I was going through Java documentation, and I learned that methods in the Arrays class in Java are all static. I don't really understand the reason behind why they made it static.
For example, the following code violates the OO approach, because if I have a type, 'X', then all the methods which acts on it should be inside it:
int[] a = {34, 23, 12};
Arrays.sort(a);
It would be better if they have implemented the following way:
int[] a = {34, 23, 12};
a.sort();
Can anyone explain me a bit on this?

In Java there is no way to extend the functionally of an array. Arrays all inherit from Object but this gives very little. IMHO This is a deficiency of Java.
Instead, to add functionality for arrays, static utility methods are added to classes like Array and Arrays. These methods are static as they are not instance methods.

Good observation. Observe also that not every array can be sorted. Only arrays of primitives and Objects which implement the Comparable interface can be sorted. So a general sort() method that applies to all arrays is not possible. And so we have several overloaded static methods for each of the supported types that are actually sortable.
Update:
#Holger correctly points out in the comments below that one of the overloaded static methods is indeed Arrays.sort(Object[]) but the docs explicitly state:
All elements in the array must implement the Comparable interface.
So it doesn't work for Objects that don't implement Comparable or one of its subinterfaces.

First of all, Arrays is an utility class, which does exactly that: exposes static methods. It is separate from any arr[] instances and has no OO relation to it. There are several classes like that, like Collections or various StringUtils.
Arrays are collections, they are used to store data. Arrays.sort() is an algorithm which sorts the collection. There may be many other algorithms which sort data in different way, all of them would be used in the same way: MyAlgorithm.doSthWithArray(array). Even if there was a sort() method on an array (it would then have to be a SortableArray, because not all Objects can be sorted automatically), all other algorithms would have to be called the old way anyway. Unless there was a visitor pattern introduced... But that makes things too complicated, hence, there is no point.
For a java Collection there's Collections.sort(), even in C++ there is std::sort which works similarly, as does qsort in C . I don't see a problem here, I see consistency.

Static Methods are sometimes used for utility purpose.
So Arrays is utility class for general purpose array operations.
Similarly, Collections is also Util class where utility methods are given.

Arrays are kind of like second-class generics. When you make an array it makes a custom class for the array type, but it's not full featured because they decided how arrays would work before they really fleshed out the language.
That, combined with maintaining backwards compatibility, means that Arrays are stuck with an archaic interface.
It's just an old part of the API.

An array is not an object which stores state, beyond the actual values of int the array. In other words, it's just a "dumb container". It doesn't "know" any behaviour.
A utility class is a class which has just public static methods which are stateless functions. Sorting is stateless because there's nothing remembered between calls to that method. It runs "standalone", applying its formula to whatever object is passed in, as long as that object is "sortable". A second instance of an Arrays class would have behaviour no different, so just have the one static instance.
As Dariusz pointed out, there are different ways of sorting. So you could have MyArrays.betterSort(array) as well as Arrays.sort(array).
If you wanted to have the array "know" how best to sort its own members, you'd have to have your own array class which extends an array.
But what if you had a situation where you wanted different sorting on different times on the the same array? A contrived example, maybe, but there are plenty of similar real-world examples.
And now you're getting complicated. Maybe an array of type T sort differently than type S ....
It's made simple with a static utility and the Comparator<T> interface.

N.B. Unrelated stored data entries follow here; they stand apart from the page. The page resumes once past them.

-- ===== src/Trace/Session/Lifecycle.antt =====
-- src/trace.rs: what a start, a failed start and a drop leave behind.
use ferrisetw.Base.{
  ℕ, ◌≡◌, refl, ap, ◌∙◌, inl, inr, ◌⊎◌, false, Option, none, some, List, ◌∷◌, ◌==◌, if◌then◌else◌,
  Bool-cases, Option-cases, arith,
}
use ferrisetw.Native.EtwTypes.{EventTraceProperties}
use ferrisetw.Native.Evntrace.{
  filter_invalid_control_handle, filter_invalid_trace_handles, next_id, new_context, unregister,
  open_trace, opened, control_trace, close_trace, closed,
}
use ferrisetw.Native.Evntrace.Quiet.{remove_first, running, Same, Same-refl}
use ferrisetw.Native.Windows.{
  Call, open_trace_w, close_trace_w, control_trace_w, by_handle, ControlCode, Source,
  EvntraceNativeError, Result, ok, err, World, Windows,
}
use ferrisetw.Provider.EventFilter.{Platform}
use mathlib.Core.Path.{fun_ext}

-- A context that is unregistered.
abbrev pub without : ℕ → (ℕ → Option ℕ) → ℕ → Option ℕ
without id contexts k = if k == id then none else contexts k

pub without_twice :
    (id : ℕ) (contexts : ℕ → Option ℕ) → without id (without id contexts) ≡ without id contexts
without_twice id contexts =
    fun_ext (λ k. elim (Bool-cases (k == id)) [ inl e ↦ rw e | inr e ↦ rw e ])

pub without_insert :
    (id d : ℕ) (contexts : ℕ → Option ℕ)
    → without id (λ k. if k == id then some d else contexts k) ≡ without id contexts
without_insert id d contexts =
    fun_ext (λ k. elim (Bool-cases (k == id)) [ inl e ↦ rw e | inr e ↦ rw e ])

without_self : (id : ℕ) (contexts : ℕ → Option ℕ) → without id contexts id ≡ none
without_self id contexts = ground arith

module _ (windows : Windows) (platform : Platform) where
  -- A STOP of the session `h` is the latest call, and Windows refuses it.
  abbrev pub StopFailed : ℕ → List Call → Type 0
  StopFailed h calls =
      (properties : EventTraceProperties) × ((earlier : List Call) × ((calls
            ≡ control_trace_w (by_handle h) properties ControlCode.stop ∷ earlier)
          × ((windows.status calls == windows.error_success) ≡ false)))

  -- The session under `h` is stopped unless Windows refuses it, and nothing else has changed.
  abbrev pub Stopped : ℕ → World → World → Type 0
  Stopped h v u =
      ((running windows u.calls ≡ remove_first h (running windows v.calls))
        ⊎ (StopFailed h u.calls × (running windows u.calls ≡ running windows v.calls)))
      × ((u.contexts ≡ v.contexts)
          × ((u.next_context_id ≡ v.next_context_id) × (u.registry ≡ v.registry)))

  valid_handle : (h : ℕ) → (h == 0) ≡ false → filter_invalid_control_handle h ≡ some h
  valid_handle h e = rw e

  pub control_trace-Stopped :
      (properties : EventTraceProperties) (h : ℕ) (v : World)
      → (h == 0) ≡ false
      → Stopped h v (control_trace windows platform properties h ControlCode.stop v).1
  unfolding control_trace
  control_trace-Stopped properties h v e =
      let calls = control_trace_w (by_handle h) properties ControlCode.stop ∷ v.calls in
      rw (valid_handle h e) (elim (Bool-cases (windows.status calls == windows.error_success)) [
        | inl f ↦ rw f (
          inl (
              ap
                (λ b.
                  if b then remove_first h (running windows v.calls) else running windows v.calls)
                f),
          (refl, (refl, refl)),
        )
        | inr f ↦ rw f (
          inr (
            (properties, (v.calls, (refl, f))),
            ap
                (λ b.
                  if b then remove_first h (running windows v.calls) else running windows v.calls)
                f,
          ),
          (refl, (refl, refl)),
        )
      ])

  abbrev pub Retired : ℕ → World → World → Type 0
  Retired id v u =
      (running windows u.calls ≡ running windows v.calls)
      × ((without id u.contexts ≡ without id v.contexts)
          × ((u.next_context_id ≡ v.next_context_id) × (u.registry ≡ v.registry)))

  closed-Same : (calls : List Call) (w : World) → Same windows w (closed windows platform calls w).1
  closed-Same calls w = elim (Bool-cases (windows.status calls == windows.error_success)) [
    | inl e ↦ rw e (Same-refl windows w)
    | inr e ↦ elim (Bool-cases (windows.status calls == windows.error_ctx_close_pending)) [
      | inl f ↦ rw (e, f) (Same-refl windows w)
      | inr f ↦ rw (e, f) (Same-refl windows w)
    ]
  ]

  pub close_trace-Retired :
      (h id : ℕ) (v : World) → Retired id v (close_trace windows platform h id v).1
  unfolding close_trace unregister
  close_trace-Retired h id v = elim (Option-cases (filter_invalid_trace_handles h)) [
    | inl e ↦ rw e (refl, (refl, (refl, refl)))
    | inr (g, e) ↦
        let u = unregister id v in
        let calls = close_trace_w g ∷ v.calls in
        let (a, (b, (c, d))) = closed-Same calls (record u { calls = calls }) in
        rw e (a, (ap (without id) b ∙ without_twice id v.contexts, (c, d)))
  ]

  -- What `open_trace` leaves behind.
  abbrev pub Opened : World → ℕ → Result EvntraceNativeError (ℕ × ℕ) × World → Type 0
  Opened w d (ok (h, id), v) =
      (id ≡ w.next_context_id)
      × ((running windows v.calls ≡ running windows w.calls)
          × ((v.contexts ≡ (λ k. if k == w.next_context_id then some d else w.contexts k))
              × ((v.next_context_id ≡ next_id w.next_context_id) × (v.registry ≡ w.registry))))
  Opened w d (err e, v) =
      (running windows v.calls ≡ running windows w.calls)
      × ((without w.next_context_id v.contexts ≡ without w.next_context_id w.contexts)
          × ((v.contexts w.next_context_id ≡ none) × (v.registry ≡ w.registry)))

  opened-Opened :
      (o : Option ℕ) (calls : List Call) (d : ℕ) (w v : World)
      → running windows v.calls ≡ running windows w.calls
      → v.contexts ≡ (λ k. if k == w.next_context_id then some d else w.contexts k)
      → v.next_context_id ≡ next_id w.next_context_id
      → v.registry ≡ w.registry
      → Opened w d (opened windows platform o w.next_context_id calls v)
  unfolding unregister
  opened-Opened none calls d w v a b c e = (
    a,
    (
      without_twice w.next_context_id v.contexts
          ∙ ap (without w.next_context_id) b
          ∙ without_insert w.next_context_id d w.contexts,
      (without_self w.next_context_id v.contexts, e),
    ),
  )
  opened-Opened (some h) calls d w v a b c e = (refl, (a, (b, (c, e))))

  pub open_trace-Opened :
      (source : Source) (d : ℕ) (w : World) → Opened w d (open_trace windows platform source d w)
  unfolding open_trace new_context
  open_trace-Opened source d w =
      let calls = open_trace_w w.next_context_id source ∷ w.calls in
      opened-Opened (filter_invalid_trace_handles (windows.trace_handle calls)) calls d w
        (record (new_context d w).1 { calls = calls }) refl refl refl refl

For me this is the perfect solution. I have an array, and I have a class, Arrays, which operates over the data in the array. For example, you may want to hold some random numbers and you will never want to sort or any other utility method you will receive behavior which you don't want. That's why in code design it is good to separate data from the behavior.
You can read about the single responsibility principle.

The Arrays class contains methods that are independent of state, so therefore they should be static. It's essentially a utility class.
While OOP principles don't apply, the current way is clearer, concise, and more readable since you don't have to worry about polymorphism and inheritance. This all reduces scope, which ultimately reduces the chances that you screw something up.
Now, you may ask yourself "Why can't I extend the functionality of an array in Java?". A nice answer is that this introduces potential security holes, which could break system code.

Related

Why does Java's List have "List.toArray()", but arrays don't have "Array.toList()"?

Arrays don't have a "toList" function, so we need "Arrays.asList" helper functions to do the conversion.
This is quite odd: List has its own function to convert to an array, but arrays need some helper functions to convert to a List. Why not let arrays have a "toList" function, and what's the reason behind this Java design?
Thanks a lot.

Because List instances are an actual object, while arrays are (for MOST intents and purposes) a primitive and don’t expose methods. Although technically arrays are an object which is how they can have a field length and a method call such as clone(), but their classes are created after compilation by the JVM.

Another point to consider is that toArray() is declared on an INTERFACE (specifically, the java.util.List interface).
Consequently, you must call toArray() on some object instance that implements List.
This might help explain at least one part of your question: why it's not static ...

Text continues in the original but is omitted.